◆ **Required action**
Word for word, restate the lines from the start of the data down to the line with "abbrev booted : System", both included.
[[ Information given open ]]
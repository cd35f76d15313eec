-- ===== src/Qlib/System/Tests.antt =====
-- A system in which a link tells its revision and logs in, another does the same in vain, and the
-- first ends.
use mnm.Prelude.{refl, some, none, [], text}
use mnm.Qlib.Header.{Header, zero_header}
use mnm.Qlib.Op.{eof}
use mnm.Qlib.Stream.{Stream}
use mnm.Qlib.Server.{Link, new_link}
use mnm.Qlib.Samples.{env, server}
use mnm.Qlib.System.{System, after, handling, Reached, boots, connects, handles}
use mnm.Qlib.System.Exclusive.{Exclusive, Reached-Exclusive}

abbrev no_stream : Stream
no_stream = record { pieces = []; ending = eof }

abbrev revision : Header
revision = record zero_header { op = 0; id = text "1" }

abbrev login : Header
login = record zero_header { op = 2; uid = text "5"; node = text "phone====" }

abbrev booted : System
booted = record { links = λ i. none; server = record server { nodes = [] } }

abbrev connected : System
connected = after booted 1 (some (new_link no_stream)) booted.server

abbrev link_of : System → Link
link_of s = elim (s.links 1) [ none ↦ new_link no_stream | some l ↦ l ]

abbrev revised : System
revised = handling env connected 1 (new_link no_stream) 0 revision []

abbrev logged_in : System
logged_in = handling env revised 1 (link_of revised) 0 login []

abbrev again : System
again = after logged_in 2 (some (new_link no_stream)) logged_in.server

logged_in-Reached : Reached env again
logged_in-Reached = connects logged_in 2 no_stream refl (
    handles revised 1 (link_of revised) 0 login [] refl (
      handles connected 1 (new_link no_stream) 0 revision [] refl
        (connects booted 1 no_stream refl (boots server))))

Reached-Exclusive_example : Exclusive again
Reached-Exclusive_example = Reached-Exclusive env again logged_in-Reached
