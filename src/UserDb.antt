-- ===== src/UserDb.antt =====
-- The user database of userdb.go: its records, its files, and its public operations.
pub mod Model
pub mod Disk
pub mod Op
pub mod Names
pub mod Record
pub mod Open
pub mod Fetch
pub mod Cached
pub mod Users
pub mod Input
pub mod Aliases
pub mod Groups
pub mod Temp
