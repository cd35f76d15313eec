-- ===== src/UserDb/Names/Escape.antt =====
-- url.QueryUnescape undoes url.QueryEscape, and a temporary file's name gives back the record's.
use mnm.Prelude.{
  ℕ, ◌+◌, ◌/◌, ◌%◌, ◌*◌, ◌<◌, ◌≡◌, refl, true, false, Option, none, some, [], ◌∷◌, ◌++◌, arith,
  Text, ◌==◌, All, Bool-cases, ==_iff, inl, inr, sym,
}
use mathlib.Core.Option
use mnm.UserDb.Names.{
  is_unreserved, upper_hex, escape_byte, escape, plain, unescape, unhex, unhex_pair,
}

abbrev pub IsBytes : Text → Type 0
IsBytes s = All (λ b. b < 256) s

unescape-plain : (c : ℕ) (s : Text) → (c == b'%') ≡ false → unescape (c ∷ s) ≡ plain c (unescape s)
unfolding unescape
unescape-plain c [] h = rw h
unescape-plain c (x ∷ []) h = rw h
unescape-plain c (x ∷ y ∷ s) h = rw h

unhex-upper_hex : (d : ℕ) → d < 16 → unhex (upper_hex d) ≡ some d
unfolding unhex upper_hex
unhex-upper_hex d h = ground arith

unescape-percent :
    (b : ℕ) (s : Text)
    → b < 256
    → unescape (b'%' ∷ upper_hex (b / 16) ∷ upper_hex (b % 16) ∷ s)
      ≡ Option.map (λ r. b ∷ r) (unescape s)
unfolding unescape
unescape-percent b s h =
    rw (unhex-upper_hex (b / 16) (omega arith), unhex-upper_hex (b % 16) (omega arith), unhex_pair)
      (join (unescape s))
  where
    same : b / 16 * 16 + b % 16 ≡ b
    same = omega arith

    join :
        (r : Option Text) → unhex_pair (some (b / 16)) (some (b % 16)) r ≡ Option.map (λ r. b ∷ r) r
    join none = refl
    join (some r) = rw same

unreserved_plain : (b : ℕ) → is_unreserved b ≡ true → ((b == b'%') ≡ false) × ((b == b'+') ≡ false)
unfolding is_unreserved
unreserved_plain b h = ground arith

-- One escaped byte is read back, whatever follows it.
unescape-escape_byte :
    (b : ℕ) (s : Text)
    → b < 256
    → unescape (escape_byte b ++ s) ≡ Option.map (λ r. b ∷ r) (unescape s)
unfolding escape_byte plain
unescape-escape_byte b s h = elim (Bool-cases (is_unreserved b)) [
  | inl kept ↦ let (p, q) = unreserved_plain b kept in rw kept (rw (unescape-plain b s p) (rw q))
  | inr other ↦ elim (Bool-cases (b == b' ')) [
    | inl space ↦
        rw (other, space) (rw (unescape-plain b'+' s refl) (rw (sym ((==_iff b b' ').0 space))))
    | inr rest ↦ rw (other, rest) (unescape-percent b s h)
  ]
]

-- url.QueryUnescape gives back a string of bytes that url.QueryEscape escaped.
pub unescape-escape : (s : Text) → IsBytes s → unescape (escape s) ≡ some s
unfolding escape
unescape-escape [] h = unfold unescape in refl
unescape-escape (b ∷ s) h = rw (unescape-escape_byte b (escape s) h.0) (rw (unescape-escape s h.1))
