-- ===== src/UserDb/Aliases/Targets.antt =====
-- The target of an alias, in the cache or on disk, and what an operation may do to it.
use mnm.Prelude.{
  ◌≡◌, ◌⊎◌, inl, inr, refl, sym, ◌∙◌, true, false, some, [], Text, arith, lookup, insert,
  lookup-insert, eq_text, eq_of_eq_text, eq_text_refl, subst, ◌∷◌, is_empty, if◌then◌else◌,
  Bool-cases, Option-cases,
}
use mnm.UserDb.Model.{or_zero, alias}
use mnm.UserDb.Op.{UserDb, ok}
use mnm.UserDb.Names.{file_name}
use mnm.UserDb.Names.Escape.{IsBytes}
use mnm.UserDb.Record.{get_alias}
use mnm.UserDb.Aliases.{alias_uid, cache_alias, load_alias, lookup_alias, try_lookup}

-- The target of the symbolic link, and the one that Lookup finds.
abbrev pub disk_target : Text → UserDb → Text
disk_target b db = or_zero [] (lookup (file_name alias b) db.disk.links)

abbrev pub target : Text → UserDb → Text
target b db = if is_empty (alias_uid b db) then disk_target b db else alias_uid b db

-- An alias, of a name of bytes, that had a target has it still.
abbrev pub Stable : UserDb → UserDb → Type 0
Stable db db' = (b : Text) → IsBytes b → (target b db ≡ []) ⊎ (target b db' ≡ target b db)

pub Stable-refl : (db : UserDb) → Stable db db
Stable-refl db b bytes = inr refl

-- The cache took targets from the disk, if at all.
pub record Fills (db db' : UserDb) : Type 0 where
  pub disk : db'.disk ≡ db.disk
  pub aliases :
      (b : Text)
      → (alias_uid b db' ≡ alias_uid b db)
        ⊎ ((alias_uid b db ≡ []) × (alias_uid b db' ≡ disk_target b db))

pub Fills-refl : (db : UserDb) → Fills db db
Fills-refl db = record { disk = refl; aliases = λ b. inl refl }

pub Fills-trans : (a b c : UserDb) → Fills a b → Fills b c → Fills a c
Fills-trans a b c h g = record {
  disk = g.disk ∙ h.disk;
  aliases = λ x. elim (h.aliases x) [
    | inl e ↦ elim (g.aliases x) [ inl f ↦ inl (f ∙ e) | inr (n, f) ↦ inr (sym e ∙ n, f ∙ same x) ]
    | inr (n, e) ↦ elim (g.aliases x) [ inl f ↦ inr (n, f ∙ e) | inr (_, f) ↦ inr (n, f ∙ same x) ]
  ];
}
  where
    same : (x : Text) → disk_target x b ≡ disk_target x a
    same x = rw (h.disk)

pub eq_nil : (x : Text) → is_empty x ≡ true → x ≡ []
eq_nil [] h = refl
eq_nil (c ∷ x) h = cc

-- No target changes.
pub Fills-target : (db db' : UserDb) (b : Text) → Fills db db' → target b db' ≡ target b db
Fills-target db db' b h =
    let same : disk_target b db' ≡ disk_target b db = rw (h.disk) in
    elim (h.aliases b) [ inl e ↦ rw (e, same) refl | inr (n, e) ↦ ground (arith, n, e, same) ]

pub Stable-after : (db d d' : UserDb) → Fills db d → Stable d d' → Stable db d'
Stable-after db d d' h g b bytes = elim (g b bytes) [
  | inl e ↦ inl (sym (Fills-target db d b h) ∙ e)
  | inr e ↦ inr (e ∙ Fills-target db d b h)
]

-- The target of the alias is in the cache, if there is one.
abbrev pub IsLoaded : Text → UserDb → Type 0
IsLoaded a db = alias_uid a db ≡ target a db

pub Fills-IsLoaded : (db db' : UserDb) (a : Text) → Fills db db' → IsLoaded a db → IsLoaded a db'
Fills-IsLoaded db db' a h e = elim (h.aliases a) [
  | inl f ↦ f ∙ e ∙ sym (Fills-target db db' a h)
  | inr (n, f) ↦ f ∙ known n ∙ sym (Fills-target db db' a h)
]
  where
    known : alias_uid a db ≡ [] → disk_target a db ≡ target a db
    known n = ground (arith, n)

pub alias_uid-insert :
    (a uid b : Text) (db : UserDb)
    → alias_uid b (record db { alias = insert a uid db.alias })
      ≡ (if eq_text a b then uid else alias_uid b db)
alias_uid-insert a uid b db =
    rw lookup-insert (elim (Bool-cases (eq_text a b)) [ inl e ↦ rw e | inr e ↦ rw e ])

-- A cached target is the answer, and nothing changes.
pub try_lookup-cached :
    (a : Text) (db : UserDb)
    → is_empty a ≡ false
    → is_empty (alias_uid a db) ≡ false
    → try_lookup a db ≡ (ok (alias_uid a db), db)
unfolding lookup_alias
try_lookup-cached a db e f = rw (e, f)

-- Lookup of a name, where an error is the empty target: it fills the cache, answers the target, and
-- leaves that in the cache.
module _ (a : Text) (named : is_empty a ≡ false) (db : UserDb) where
  filled : Text → UserDb
  filled uid = record db { alias = insert a uid db.alias }

  filled-Fills :
      (uid : Text)
      → is_empty (alias_uid a db) ≡ true
      → lookup (file_name alias a) db.disk.links ≡ some uid
      → Fills db (filled uid)
  unfolding filled
  filled-Fills uid e f = record {
    disk = refl;
    aliases = λ b. elim (Bool-cases (eq_text a b)) [
      | inr other ↦ inl (ground (arith, other, alias_uid-insert a uid b db))
      | inl same ↦
          let it : alias_uid b (filled uid) ≡ uid =
            ground (arith, same, alias_uid-insert a uid b db) in
          let here : disk_target a db ≡ uid = rw f refl in
          subst
            (λ x.
              (alias_uid b (filled uid) ≡ alias_uid x db)
              ⊎ ((alias_uid x db ≡ []) × (alias_uid b (filled uid) ≡ disk_target x db)))
            (eq_of_eq_text a b same) (inr (eq_nil _ e, it ∙ sym here))
    ];
  }

  filled-IsLoaded :
      (uid : Text) → lookup (file_name alias a) db.disk.links ≡ some uid → IsLoaded a (filled uid)
  unfolding filled
  filled-IsLoaded uid f =
      rw (alias_uid-insert a uid a db, eq_text_refl a, f)
        (elim (Bool-cases (is_empty uid)) [ inl e ↦ rw e | inr e ↦ rw e ])

  pub try_lookup_lem :
      (d : UserDb) × (try_lookup a db ≡ (ok (target a db), d)) × Fills db d × IsLoaded a d
  unfolding lookup_alias load_alias cache_alias get_alias
  try_lookup_lem = elim (Bool-cases (is_empty (alias_uid a db))) [
    | inr e ↦ rw (named, e) (db, refl, Fills-refl db, rw e refl)
    | inl e ↦ elim (Option-cases (lookup (file_name alias a) db.disk.links)) [
      | inl f ↦ rw (named, e, f) (db, refl, Fills-refl db, rw (e, f) (eq_nil _ e))
      | inr (uid, f) ↦
          rw (named, e, f)
            (filled uid, unfold filled in (rw e refl), filled-Fills uid e f, filled-IsLoaded uid f)
    ]
  ]

  pub try_lookup-Fills : Fills db (try_lookup a db).1
  try_lookup-Fills = let (d, e, h, l) = try_lookup_lem in rw e h

  pub try_lookup-IsLoaded : IsLoaded a (try_lookup a db).1
  try_lookup-IsLoaded = let (d, e, h, l) = try_lookup_lem in rw e l
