-- ===== src/UserDb/Aliases/Links.antt =====
-- The links of root/alias that putRecord leaves as they are.
use mnm.Prelude.{
  ℕ, ◌≡◌, refl, sym, ap, ◌⊎◌, ◌∙◌, inl, inr, Bool, true, false, not, some, List, [], ◌∷◌, ◌++◌,
  Text, arith, all, lookup, lookup-insert, lookup-delete, eq_text, eq_of_eq_text, eq_text_refl,
  is_empty, Bool-cases, Option-cases,
}
use mnm.UserDb.Model.{Alias, Object, RecordType, user, group, a_user, User, alias, clear_touched}
use mnm.UserDb.Disk.{
  Disk, Action, create, write, link_temp, remove_file, link_file, remove_link, symlink, remove_temp,
  discard_temp, act, run,
}
use mnm.UserDb.Op.{UserDb}
use mnm.UserDb.Names.{escape, unescape, file_name}
use mnm.UserDb.Names.Escape.{IsBytes, unescape-escape}
use mnm.UserDb.Record.{touched_links, link_actions, put_actions, put_record, summed}
use mnm.UserDb.Aliases.{mark_defunct, new_alias}

module _ (f : Text) where
  -- A call that does not concern the link f.
  abbrev spares : Action → Bool
  spares (remove_link n) = not (eq_text n f)
  spares (symlink target n) = not (eq_text n f)
  spares _ = true

  act-spares :
      (x : Action) (d d' : Disk)
      → spares x ≡ true
      → act x d ≡ some d'
      → lookup f d'.links ≡ lookup f d.links
  unfolding act
  act-spares (create n) d d' h e = ground arith
  act-spares (write n o) d d' h e = ground arith
  act-spares (link_temp from to) d d' h e = ground arith
  act-spares (remove_file user n) d d' h e = ground arith
  act-spares (remove_file group n) d d' h e = ground arith
  act-spares (remove_file alias n) d d' h e = ground arith
  act-spares (link_file from user n) d d' h e = ground arith
  act-spares (link_file from group n) d d' h e = ground arith
  act-spares (link_file from alias n) d d' h e = ground arith
  act-spares (remove_link n) d d' h e = ground (arith, lookup-delete n f d.links)
  act-spares (symlink target n) d d' h e = ground (arith, lookup-insert n f target d.links)
  act-spares (remove_temp n) d d' h e = ground arith
  act-spares (discard_temp n) d d' h e = ground arith

  run-spares :
      (xs : List Action) (d d' : Disk)
      → all spares xs ≡ true
      → run xs d ≡ some d'
      → lookup f d'.links ≡ lookup f d.links
  unfolding run
  run-spares [] d d' h e = ground arith
  run-spares (x ∷ xs) d d' h e = elim (Option-cases (act x d)) [
    | inl n ↦ absurd (ground (arith, n))
    | inr (d₁, n) ↦
        run-spares xs d₁ d' (ground arith) (ground (arith, n)) ∙ act-spares x d d₁ (ground arith) n
  ]

  -- No link of this name is made.
  abbrev pub is_clear : List (Text × Text) → Bool
  is_clear ps = all (λ p. not (eq_text p.0 f)) ps

  link_actions_then-spares :
      (ps : List (Text × Text)) (rest : List Action)
      → is_clear ps ≡ true
      → all spares rest ≡ true
      → all spares (link_actions ps ++ rest) ≡ true
  unfolding link_actions
  link_actions_then-spares [] rest h g = g
  link_actions_then-spares (p ∷ ps) rest h g = ground (arith, link_actions_then-spares ps rest)

  -- putRecord of a user leaves a link that is not one of its touched aliases.
  pub put_record-links :
      (crc : Object → ℕ) (n : Text) (u : User) (db : UserDb)
      → is_clear (touched_links n u.aliases) ≡ true
      → lookup f (put_record crc user n (a_user u) db).1.disk.links ≡ lookup f db.disk.links
  unfolding put_record
  put_record-links crc n u db h =
      elim (Option-cases (run (put_actions user n (summed crc (a_user u))) db.disk)) [
        | inl e ↦ rw e refl
        | inr (d, e) ↦ rw e (
            run-spares (put_actions user n (summed crc (a_user u))) db.disk d
              (link_actions_then-spares (touched_links n u.aliases) _ h refl) e)
      ]

-- putRecord does not touch the cache of aliases.
pub alias-put_record :
    (crc : Object → ℕ) (t : RecordType) (n : Text) (o : Object) (db : UserDb)
    → (put_record crc t n o db).1.alias ≡ db.alias
unfolding put_record
alias-put_record crc t n o db = ground arith

-- The names of aliases that are not the same have different links.
escape-apart :
    (a b : Text)
    → IsBytes a
    → IsBytes b
    → eq_text a b ≡ false
    → eq_text (escape a) (escape b) ≡ false
escape-apart a b p q h = elim (Bool-cases (eq_text (escape a) (escape b))) [
  | inr e ↦ e
  | inl e ↦
      let same : some a ≡ some b =
        sym (unescape-escape a p)
        ∙ ap unescape (eq_of_eq_text (escape a) (escape b) e)
        ∙ unescape-escape b q in
      absurd (ground (arith, h, same, eq_text_refl a))
]

-- The links of the aliases that AddAlias and DropAlias save are those of the names they are given.
module _ (b n : Text) (bytes : IsBytes b) where
  abbrev pub IsOther : Text → Type 0
  IsOther a = (is_empty a ≡ true) ⊎ (IsBytes a × (eq_text a b ≡ false))

  IsOther-escape :
      (a : Text) → IsOther a → (is_empty a ≡ true) ⊎ (eq_text (escape a) (escape b) ≡ false)
  IsOther-escape a (inl e) = inl e
  IsOther-escape a (inr (p, e)) = inr (escape-apart a b p bytes e)

  touched_links-clear_touched : (xs : List Alias) → touched_links n (clear_touched xs) ≡ []
  unfolding touched_links clear_touched
  touched_links-clear_touched [] = refl
  touched_links-clear_touched (x ∷ xs) = touched_links-clear_touched xs

  pub added-is_clear :
      (nat en : Text) (xs : List Alias)
      → IsOther nat
      → IsOther en
      → is_clear (escape b) (touched_links n (clear_touched xs ++ new_alias nat en ∷ [])) ≡ true
  unfolding touched_links clear_touched file_name
  added-is_clear nat en [] h g = ground (arith, IsOther-escape nat h, IsOther-escape en g)
  added-is_clear nat en (x ∷ xs) h g = added-is_clear nat en xs h g

  pub dropped-is_clear :
      (a : Text) (xs : List Alias)
      → IsBytes a
      → eq_text a b ≡ false
      → is_clear (escape b) (touched_links n (mark_defunct a (clear_touched xs))) ≡ true
  unfolding touched_links clear_touched file_name mark_defunct
  dropped-is_clear a [] p h = refl
  dropped-is_clear a (x ∷ xs) p h = elim (Bool-cases (eq_text a x.nat)) [
    | inl e ↦
        let same : escape x.nat ≡ escape a = ap escape (sym (eq_of_eq_text a x.nat e)) in
        rw e (ground (arith, same, escape-apart a b p bytes h, touched_links-clear_touched xs))
    | inr e ↦ elim (Bool-cases (eq_text a x.en)) [
      | inl f ↦
          let same : escape x.en ≡ escape a = ap escape (sym (eq_of_eq_text a x.en f)) in
          rw (e, f)
            (ground (arith, same, escape-apart a b p bytes h, touched_links-clear_touched xs))
      | inr f ↦ rw (e, f) (dropped-is_clear a xs p h)
    ]
  ]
[[ Information given closed ]]
◆ **Written solution**
repository cd35f76d15313eec
-- ===== src/Qlib/System/Tests.antt =====
-- A system in which a link tells its revision and logs in, another does the same in vain, and the
-- first ends.
use mnm.Prelude.{refl, some, none, [], text}
use mnm.Qlib.Header.{Header, zero_header}
use mnm.Qlib.Op.{eof}
use mnm.Qlib.Stream.{Stream}
use mnm.Qlib.Server.{Link, new_link}
use mnm.Qlib.Samples.{env, server}
use mnm.Qlib.System.{System, after, handling, Reached, boots, connects, handles}
use mnm.Qlib.System.Exclusive.{Exclusive, Reached-Exclusive}

abbrev no_stream : Stream
no_stream = record { pieces = []; ending = eof }

abbrev revision : Header
revision = record zero_header { op = 0; id = text "1" }

abbrev login : Header
login = record zero_header { op = 2; uid = text "5"; node = text "phone====" }

abbrev booted : System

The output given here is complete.